European Central Bank (ECB) recently announced It extended its initiative to resolve transactions between institutions with a wholesaler Central Bank digital currency (CBDC) Payment system.
The initiative will develop in two steps. First, the CBDC settlement platform will develop with a timeline that will soon be announced. Secondly, the ECB will look at more integrated, long -term solutions, including international operations such as currency settlement.
“This is an important contribution to improving European financial market efficiency through innovation,” mentioned ECB’s board member Piero Cipollone, who monitors the initiative. “Our strategy will pay attention to the goal of the Euro system to achieve a more harmonized and integrated European economic ecosystem.”
He added that the ECB “included innovation without compromising with safety and stability.”
For some time, ECB has examined both retail Digital euros And wholesale cross -border between central banks. On Thursday, it confirmed its commitment to support “the use of innovative solutions in his market infrastructure” while maintaining the security and efficiency of his current payment system, the Trans -European automated real -time gross settlement (Target).
The bank said it would “continue to further analyze new technology and actively engage with public and private stakeholders.”
Digital euro development
The digital euro ”Preparation phase“Where was launched on November 1 2023to lay the foundation for the potential issuance of a digital euro.
June 24, 2024, ECB Published The first report on the preparation phase, which included updates on offline functionality, contained boundaries and the tender process for digital eurocomponent suppliers.
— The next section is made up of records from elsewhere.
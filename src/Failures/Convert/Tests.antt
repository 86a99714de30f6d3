-- ===== src/Failures/Convert/Tests.antt =====
-- A login failure of Codex, a rate limit of GitHub, and a timeout.
use inryeok_bot.Prelude.{
  ◌||◌, ◌&&◌, ℕ, String, Option, ◌≤◌, pos, ◌≡◌, refl, false, not, none, some, [], characters,
}
use inryeok_bot.Jobs.Fixtures.{executing_job}
use inryeok_bot.Failures.Diagnostic.{FitsIn}
use inryeok_bot.Failures.Convert.{
  CodexError, GitHubError, codex_error, github_error, http_timeout, is_never,
  failure_from_exception,
}
use inryeok_bot.Failures.Classify.{failure_kind, kind_error, classify_codex_failure}
use inryeok_bot.Failures.Convert.Classified.{
  speaks_of_limit, speaks_of_service, speaks_of_lasting, classified_failure_retryable,
}
use inryeok_bot.Failures.Convert.Laws.{
  failure_retry_consistent, github_may_recover, github_failure_retryable, failure_bounded,
}

abbrev login_error : CodexError
login_error = record {
  code = "CODEX_AUTH";
  retryable = false;
  retry_at = none;
  signature = "auth-401";
  exit_code = some (pos 1);
  safe_diagnostic = [];
  diagnostic_extraction_failed = false;
  stderr_byte_length = 12;
  correlation_id = some "c1";
  stage = "codex_exec";
}

abbrev rate_limit : GitHubError
rate_limit = record { status_code = 429; category = "GITHUB_RATE_LIMIT" }

failure_retry_consistent_example :
    let f = failure_from_exception http_timeout executing_job in
    f.retryable ≡ not (is_never f.retry_policy)
failure_retry_consistent_example = failure_retry_consistent http_timeout executing_job

github_failure_retryable_example :
    let f = failure_from_exception (github_error rate_limit) executing_job in
    (f.retryable ≡ github_may_recover rate_limit) × (f.http_status ≡ some 429)
github_failure_retryable_example = github_failure_retryable rate_limit executing_job

failure_bounded_example :
    let f = failure_from_exception (codex_error login_error) executing_job in
    (characters f.safe_signature ≤ 64) × FitsIn 128 f.output_field × FitsIn 64 f.validation_type
failure_bounded_example = failure_bounded (codex_error login_error) executing_job

abbrev quota_error : CodexError
quota_error = record login_error { code = "CODEX_QUOTA"; signature = "quota" }

no_time : String → Option ℕ
no_time _ = none

classified_failure_retryable_example :
    (failure_from_exception (codex_error quota_error) executing_job).retryable ≡ (
      speaks_of_limit "usage limit reached"
      || (speaks_of_service "usage limit reached" && not (speaks_of_lasting "usage limit reached")))
unfolding classify_codex_failure failure_kind kind_error
classified_failure_retryable_example =
    classified_failure_retryable no_time "usage limit reached" quota_error executing_job refl refl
It also dealt with popular problems around integrity, followed by An ECB blog post June 13 on how to make the digital euro “really private.”
In November 2024 Required partners To test conditional payments in a CBDC simulation to Start in February 2025as well as opening applications for partners who are willing to Explore tokenization and other innovative use cases.
ECB’s latest announcement of the next step of its wholesale CBDC initiative is in sharp contrast to the latest developments in the United States Digital dollars has met much less government enthusiasm than its European counterpart.
Us takes a different rate
Over the Atlantic, the Trump 2.0 administration has set its mark on the banking and digital asset landscape with an almost constant stream of executive order and Official meetings Since January.
Before the election –The second time—Donald Trump consistently made clear he was against any kind of cbdc Or digital dollars.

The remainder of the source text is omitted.